Problem description. Below are the records; output them exactly from the first line through the line with "abbrev opened : World MemoryStore", stopping there.

----- Data for review -----

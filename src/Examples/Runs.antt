-- ===== src/Examples/Runs.antt =====
-- Tests of runs: of the server, of a session over time, of the memory queue, of a reading loop.
use kupool.Common.{
  text_beq, nat_key, text_key, contains, lookup, insert, codes, hex_encode, equal_fold, pos, second,
  time_sub, local, stamp_key, ◌+◌, ◌%◌, ◌^◌, ◌≤◌, ◌≡◌, refl, true, none, some, List, [], ◌∷◌, arith,
}
use kupool.Io.{Source, eof}
use kupool.Frame.{Frame, op_binary}
use kupool.State.{SubmitEvent}
use kupool.Submit.{
  submit, check_submit, select_job, limit_rate, is_too_soon, check_duplicate, check_result,
  expected_result, used_for, record_nonce,
}
use kupool.Submit.Replay.{Attempt, attempt, attempts}
use kupool.Submit.Pace.{attempts-pace}
use kupool.Listener.{handle_submit, announce, put_session}
use kupool.Memory.{new_memory_store, memory_state_store, memory_stats_store, get}
use kupool.Memory.Counts.{count}
use kupool.MemoryQueue.{new_memory_queue, publish, receive}
use kupool.MemoryQueue.Order.{Call, publish_call, receive_call, do_calls, new_run}
use kupool.AppServer.{consume}
use kupool.Memory.{MemoryStore}
use kupool.Channel.{new_channel, read_loop}
use kupool.Channel.Stream.{Parsed, read_stream, read_stream-ends}
use kupool.System.{Input, arrived, received, gone, ticked, serve_all, start}
use kupool.System.Sessions.{IsKeyed, IsValid}
use kupool.State.{World}
use kupool.Coordinator.{restore, run}
use kupool.System.Live.{has, live_all, serve_all-live}
use kupool.System.Invariant.{serve_all-start-IsValid}
use kupool.System.Pipeline.{Sent, published, signals, submit_all, accepted, submit_all-counts}
use kupool.Examples.Toys.{
  digest, submission, codec, worker, coordinator, world, first_attempt, draw, at_work, hello_stream,
}

abbrev inputs : List Input
inputs =
    arrived (some (record { op_code = op_binary; payload = [] })) (some (171 ∷ []))
    ∷ received (codes "ab") (1 ∷ []) 10 10
    ∷ ticked draw
    ∷ gone (codes "ab")
    ∷ []

abbrev arrivals : List Input
arrivals = arrived (some (record { op_code = op_binary; payload = [] })) (some (205 ∷ [])) ∷ []

abbrev opened : World MemoryStore
opened = start memory_state_store codec digest (pos 30) (pos 0) (pos 0) (some new_memory_store)

serve_all-start-IsValid_example :
    let early = serve_all memory_state_store codec digest arrivals opened in
    let loaded =
      serve_all memory_state_store codec digest arrivals
        (restore memory_state_store codec 40 early) in
    IsKeyed early.coord.sessions
    × IsKeyed loaded.coord.sessions
    × IsValid
        (serve_all memory_state_store codec digest inputs
          (run memory_state_store codec draw loaded)).coord
serve_all-start-IsValid_example =
    serve_all-start-IsValid memory_state_store codec digest (pos 30) (pos 0) (pos 0)
      (some new_memory_store) 40 draw arrivals arrivals inputs

serve_all-live_example :
    has memory_state_store codec digest
      (codes "c1")
      (serve_all memory_state_store codec digest inputs world)
    ≡ live_all memory_state_store codec digest (codes "c1") inputs true
unfolding lookup text_beq
serve_all-live_example = serve_all-live memory_state_store codec digest (codes "c1") inputs world

-- A second submission, five seconds behind the first.
abbrev second_attempt : Attempt
second_attempt = record {
  params = record { job_id = 2; client_nonce = 98 ∷ []; result = codes "05" };
  since = 5000000000;
  now = 5000000000;
}

accepted_first : (attempt digest coordinator first_attempt worker).0 ≡ none
unfolding submit check_submit select_job limit_rate is_too_soon check_duplicate check_result lookup
    equal_fold text_beq expected_result hex_encode
accepted_first = refl

accepted_second :
    (attempt digest coordinator second_attempt
      (attempts digest [] (attempt digest coordinator first_attempt worker).1)).0
    ≡ none
unfolding attempts submit check_submit select_job limit_rate is_too_soon check_duplicate
    check_result lookup equal_fold text_beq expected_result hex_encode record_nonce used_for insert
    contains time_sub
accepted_second = refl

attempts-pace_example : 10 + second ≤ 5000000000
attempts-pace_example =
    attempts-pace digest coordinator coordinator first_attempt second_attempt [] worker
      (omega arith) accepted_first accepted_second

abbrev evt : SubmitEvent
evt = record { username = codes "admin"; time = local 10 }

abbrev one_sent : List Sent
one_sent = record { channel_id = codes "c1"; params = submission; since = 10; now = 10 } ∷ []

abbrev passed_on : List Call
passed_on = publish_call evt ∷ receive_call ∷ []

entered_one :
    (do_calls passed_on (new_run 4)).entered
    ≡ published (submit_all memory_state_store codec digest one_sent world).log
unfolding publish receive new_memory_queue submit_all handle_submit announce put_session submit
    check_submit select_job limit_rate is_too_soon check_duplicate check_result lookup equal_fold
    text_beq expected_result hex_encode record_nonce used_for insert contains
entered_one = refl

emptied_one : (do_calls passed_on (new_run 4)).queue.buffered ≡ []
unfolding publish receive new_memory_queue
emptied_one = refl

submit_all-counts_example :
    get
      (codes "admin")
      (local 30)
      (consume memory_stats_store
        (signals (do_calls passed_on (new_run 4)).left)
        (new_memory_store, at_work)).0
    ≡ some (
        count (codes "admin") (local 30) (accepted memory_state_store codec digest one_sent world)
        % 2 ^ 64)
submit_all-counts_example =
    submit_all-counts memory_state_store codec digest one_sent world 4 passed_on at_work
      (codes "admin") (local 30) refl entered_one emptied_one

abbrev stream : Source
stream = record { bytes = hello_stream; fault = eof }

read_stream-ends_example :
    (fs : List Frame) × Parsed stream fs
    × (read_stream 20 stream (new_channel (codes "c1"))
        ≡ some (read_loop fs (new_channel (codes "c1"))))
read_stream-ends_example = read_stream-ends 20 stream (new_channel (codes "c1")) (omega arith)
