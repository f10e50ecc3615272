-- ===== src/System/Connection.antt =====
-- tcp/server.go, Start: a connection from its first byte to its end, over the acceptor, the reading
-- loop of its channel, the listener and the state listener.
use kupool.Common.{
  length, Text, nat_key, text_key, Bytes, Time, ℕ, ◌+◌, Option, none, some, List, [], ◌∷◌,
}
use kupool.Io.{ok, err, Source}
use kupool.Frame.{Frame, read_frame}
use kupool.Protocol.{Codec}
use kupool.State.{StateStore, World}
use kupool.Listener.{receive, disconnect}
use kupool.Acceptor.{Accepted, AcceptError, accept}
use kupool.Acceptor
use kupool.Channel.{Channel}
use kupool.Channel.Stream.{read_stream}
use kupool.TcpServer.Channels.{configured}
use kupool.TcpServer.{TcpServer, accepted, enter, leave}

-- Each payload is received in a goroutine of its own: `order` gives those that run before the
-- connection's session ends and those that run behind, each in the order in which they run, and
-- `clock` the two readings of the clock of each.
pub record Schedule : Type 0 where
  pub order : List Bytes → List Bytes × List Bytes
  pub clock : ℕ → Time × Time

-- What a connection leaves: the application and the transport.
pub record Served (S : Type 0) : Type 0 where
  pub world : World S
  pub server : TcpServer

module _ {S : Type 0} (api : StateStore S) (codec : Codec) (sha256 : Bytes → Bytes) where
  unfoldable pub receive_all : (ℕ → Time × Time) → ℕ → Text → List Bytes → World S → World S
  receive_all clock i id [] w = w
  receive_all clock i id (p ∷ ps) w =
      receive_all clock (i + 1) id ps (receive api codec sha256 id p (clock i).0 (clock i).1 w)

  -- Lines 100 to 106: the reading loop, what its goroutines do, and the end, with which the channel
  -- is closed and forgotten. `none`: out of fuel.
  abbrev pub finish : Schedule → Text → List Bytes → Served S → Served S
  finish sch id payloads st =
      let parts = sch.order payloads in
      let w = disconnect api codec sha256 id (receive_all sch.clock 0 id parts.0 st.world) in
      record {
        world = receive_all sch.clock (length parts.0) id parts.1 w;
        server = leave id st.server;
      }

  unfoldable pub converse : Schedule → ℕ → Text → Source → Channel → Served S → Option (Served S)
  converse sch n id rest ch st = elim (read_stream n rest ch) [
    | none ↦ none
    | some x ↦ some (finish sch id x.1.delivered st)
  ]

  -- Lines 86 to 97: the name may be taken, otherwise there is a channel.
  unfoldable pub entered : Schedule → ℕ → Text → Source → Served S → Option (Served S)
  entered sch n id rest st =
      let r = enter (accepted id) st.server in
      elim r.0 [
        | some f ↦ some (record { world = st.world; server = r.1 })
        | none ↦
            let ch = configured st.server.options.write_wait st.server.options.read_wait id in
            converse sch n id rest ch (record { world = st.world; server = r.1 })
      ]

  abbrev admitted : Schedule → ℕ → Source → TcpServer → Accepted Text × World S → Option (Served S)
  admitted sch n rest srv (Acceptor.err e, w) = some (record { world = w; server = srv })
  admitted sch n rest srv (Acceptor.ok id, w) =
      entered sch n id rest (record { world = w; server = srv })

  -- Lines 76 to 107, for the bytes of a connection and the random bytes of its name.
  unfoldable pub connection : Schedule → ℕ → Source → Option Bytes → Served S → Option (Served S)
  connection sch n r random st = elim (read_frame r) [
    | err e ↦ admitted sch n r st.server (accept api codec none random st.world)
    | ok x ↦ admitted sch n x.1 st.server (accept api codec (some x.0) random st.world)
  ]
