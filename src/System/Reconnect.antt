-- ===== src/System/Reconnect.antt =====
-- app/server/listener.go and app/server/acceptor.go: a client that connects again.
use kupool.Common.{
  Text, text_beq_iff, nat_key, text_key, contains, lookup, Bytes, Time, second, ℕ, ◌+◌, ◌≤◌, ◌≡◌,
  refl, sym, ap, ◌∙◌, inl, inr, false, Option, none, some, [], arith,
}
use kupool.Protocol.{Codec, SubmitParams}
use kupool.State.{Session, Coordinator, World, with_coord}
use kupool.Submit.{
  SubmitError, submit, check_submit, select_job, limit_rate, check_duplicate, check_result,
  record_nonce, used_for,
}
use kupool.Submit.Decision.{submit_iff}
use kupool.Acceptor.Admission.{first_session, open_session-Opened}
use kupool.Listener.Effects.{handle_submit-log}
use kupool.Listener.{settle, handle_submit, announce, put_session, disconnect}
use kupool.Acceptor.{open_session}
use kupool.Memory.{MemoryStore, memory_state_store, save_user_state, save_used_nonce}
use kupool.Memory.States.{load-save_user_state}

-- The session that a client has when it connects again, from the state that was saved for it.
abbrev again : Text → Session → Session
again ch s = record {
  channel_id = ch;
  username = s.username;
  latest_job_id = s.latest_job_id;
  latest_server_nonce = s.latest_server_nonce;
  last_submit_at = s.last_submit_at;
  used_nonces = [];
}

module _ (codec : Codec) (sha256 : Bytes → Bytes) where
  submit-session :
      (c : Coordinator) (p : SubmitParams) (since now : Time) (s : Session)
      → p.job_id ≡ s.latest_job_id
      → (submit sha256 c p since now s).0 ≡ none
      → let s' = (submit sha256 c p since now s).1 in
        (s'.username ≡ s.username)
        × (s'.latest_job_id ≡ s.latest_job_id)
        × (s'.latest_server_nonce ≡ s.latest_server_nonce)
        × (s'.last_submit_at ≡ now)
  unfolding submit check_submit select_job limit_rate check_duplicate check_result record_nonce
  submit-session c p since now s latest h = ground arith

  fresh_again :
      (ch n : Text) (job : ℕ) (s : Session) → contains n (used_for job (again ch s)) ≡ false
  unfolding used_for contains lookup
  fresh_again ch n job s = refl

  -- A session that forgot its nonces takes the same submission again.
  submit-again :
      (c d : Coordinator) (p : SubmitParams) (since now since' now' : Time) (ch : Text)
      (s : Session)
      → p.job_id ≡ s.latest_job_id
      → (submit sha256 c p since now s).0 ≡ none
      → now + second ≤ now'
      → (submit sha256 d p since' now' (again ch (submit sha256 c p since now s).1)).0 ≡ none
  submit-again c d p since now since' now' ch s latest first later =
      let (n, ok) = (submit_iff sha256 c p since now s).0 first in
      let (name, job, nonce, at) = submit-session c p since now s latest first in
      let opened : n ≡ s.latest_server_nonce = ground (arith, ok.is_open, latest) in
      (submit_iff sha256 d p since' now' (again ch (submit sha256 c p since now s).1)).1 (
        n,
        record {
          is_open = inl (latest ∙ sym job, opened ∙ sym nonce);
          is_rested = inr (omega (arith, at, later));
          is_fresh = fresh_again ch p.client_nonce p.job_id (submit sha256 c p since now s).1;
          is_right = ok.is_right;
        },
      )

  settle_accepted :
      (ch : Text) (p : SubmitParams) (now : Time) (w : World MemoryStore)
      (r : Option SubmitError × Session)
      → r.0 ≡ none
      → settle memory_state_store codec sha256 ch p now w r ≡ (
        none,
        announce memory_state_store codec sha256 p now r.1 (with_coord (put_session ch r.1) w),
      )
  settle_accepted ch p now w (none, s) h = refl
  settle_accepted ch p now w (some x, s) h = cc

  -- What the memory store gives back to the user whose submission it saved.
  first_again :
      (ch user : Text) (p : SubmitParams) (s : Session) (m : MemoryStore)
      → s.username ≡ user
      → first_session memory_state_store codec
          (some
            (save_user_state s.username s.latest_job_id s.latest_server_nonce s.last_submit_at
              (save_used_nonce s.username p.job_id p.client_nonce m).1).1)
          ch
          user
        ≡ again ch s
  first_again ch user p s m e =
      rw
        (
          ← e,
          load-save_user_state s.username s.username s.latest_job_id s.latest_server_nonce
              s.last_submit_at (save_used_nonce s.username p.job_id p.client_nonce m).1,
          (text_beq_iff s.username s.username).1 refl,
        )
        refl

  -- Over the memory store: a submission for the session's latest job is accepted, the channel ends,
  -- and its user is admitted on another channel. Then the same submission is accepted again there,
  -- once a second has passed.
  pub handle_submit-open_session :
      (ch ch' : Text) (p : SubmitParams) (since now since' now' : Time) (w : World MemoryStore)
      (s : Session) (m : MemoryStore)
      → lookup ch w.coord.sessions ≡ some s
      → w.state ≡ some m
      → p.job_id ≡ s.latest_job_id
      → (handle_submit memory_state_store codec sha256 ch p since now w).0 ≡ none
      → now + second ≤ now'
      → let w' = (handle_submit memory_state_store codec sha256 ch p since now w).1 in
        (handle_submit memory_state_store codec sha256 ch' p since' now' (
          open_session memory_state_store codec ch' s.username
            (disconnect memory_state_store codec sha256 ch w'))).0
        ≡ none
  unfolding handle_submit disconnect announce
  handle_submit-open_session ch ch' p since now since' now' w s m known has_state latest first
        later =
      let done = handle_submit-log memory_state_store codec sha256 ch p since now w s known in
      let r = submit sha256 w.coord p since now s in
      let accepted : r.0 ≡ none = sym done.0 ∙ first in
      let (name, job, nonce, at) = submit-session w.coord p since now s latest accepted in
      let w' = (handle_submit memory_state_store codec sha256 ch p since now w).1 in
      let u = disconnect memory_state_store codec sha256 ch w' in
      let state_after : u.state
          ≡ some (
              (save_user_state r.1.username r.1.latest_job_id r.1.latest_server_nonce
                r.1.last_submit_at (save_used_nonce r.1.username p.job_id p.client_nonce m).1).1) =
        rw (known, handle_submit, settle_accepted ch p now w r accepted, has_state) refl in
      let opened = open_session-Opened memory_state_store codec u ch' s.username ch' in
      let here : lookup ch' (open_session memory_state_store codec ch' s.username u).coord.sessions
          ≡ some (again ch' r.1) =
        opened.0
        ∙ rw ((text_beq_iff ch' ch').1 refl, state_after)
            (ap some (first_again ch' s.username p r.1 m name)) in
      (handle_submit-log memory_state_store codec sha256 ch' p since' now' _ (again ch' r.1) here).0
      ∙ submit-again w.coord _ p since now since' now' ch' s latest accepted later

-----

Written reply.
filename src/Examples/Runs.antt
-- ===== src/Examples/Runs.antt =====
-- Tests of runs: of the server, of a session over time, of the memory queue, of a reading loop.
use kupool.Common.{
  text_beq, nat_key, text_key, contains, lookup, insert, codes, hex_encode, equal_fold, pos, second,
  time_sub, local, stamp_key, ◌+◌, ◌%◌, ◌^◌, ◌≤◌, ◌≡◌, refl, true, none, some, List, [], ◌∷◌, arith,
}
use kupool.Io.{Source, eof}
use kupool.Frame.{Frame, op_binary}
use kupool.State.{SubmitEvent}
use kupool.Submit.{
  submit, check_submit, select_job, limit_rate, is_too_soon, check_duplicate, check_result,
  expected_result, used_for, record_nonce,
}
use kupool.Submit.Replay.{Attempt, attempt, attempts}
use kupool.Submit.Pace.{attempts-pace}
use kupool.Listener.{handle_submit, announce, put_session}
use kupool.Memory.{new_memory_store, memory_state_store, memory_stats_store, get}
use kupool.Memory.Counts.{count}
use kupool.MemoryQueue.{new_memory_queue, publish, receive}
use kupool.MemoryQueue.Order.{Call, publish_call, receive_call, do_calls, new_run}
use kupool.AppServer.{consume}
use kupool.Memory.{MemoryStore}
use kupool.Channel.{new_channel, read_loop}
use kupool.Channel.Stream.{Parsed, read_stream, read_stream-ends}
use kupool.System.{Input, arrived, received, gone, ticked, serve_all, start}
use kupool.System.Sessions.{IsKeyed, IsValid}
use kupool.State.{World}
use kupool.Coordinator.{restore, run}
use kupool.System.Live.{has, live_all, serve_all-live}
use kupool.System.Invariant.{serve_all-start-IsValid}
use kupool.System.Pipeline.{Sent, published, signals, submit_all, accepted, submit_all-counts}
use kupool.Examples.Toys.{
  digest, submission, codec, worker, coordinator, world, first_attempt, draw, at_work, hello_stream,
}

abbrev inputs : List Input
inputs =
    arrived (some (record { op_code = op_binary; payload = [] })) (some (171 ∷ []))
    ∷ received (codes "ab") (1 ∷ []) 10 10
    ∷ ticked draw
    ∷ gone (codes "ab")
    ∷ []

abbrev arrivals : List Input
arrivals = arrived (some (record { op_code = op_binary; payload = [] })) (some (205 ∷ [])) ∷ []

abbrev opened : World MemoryStore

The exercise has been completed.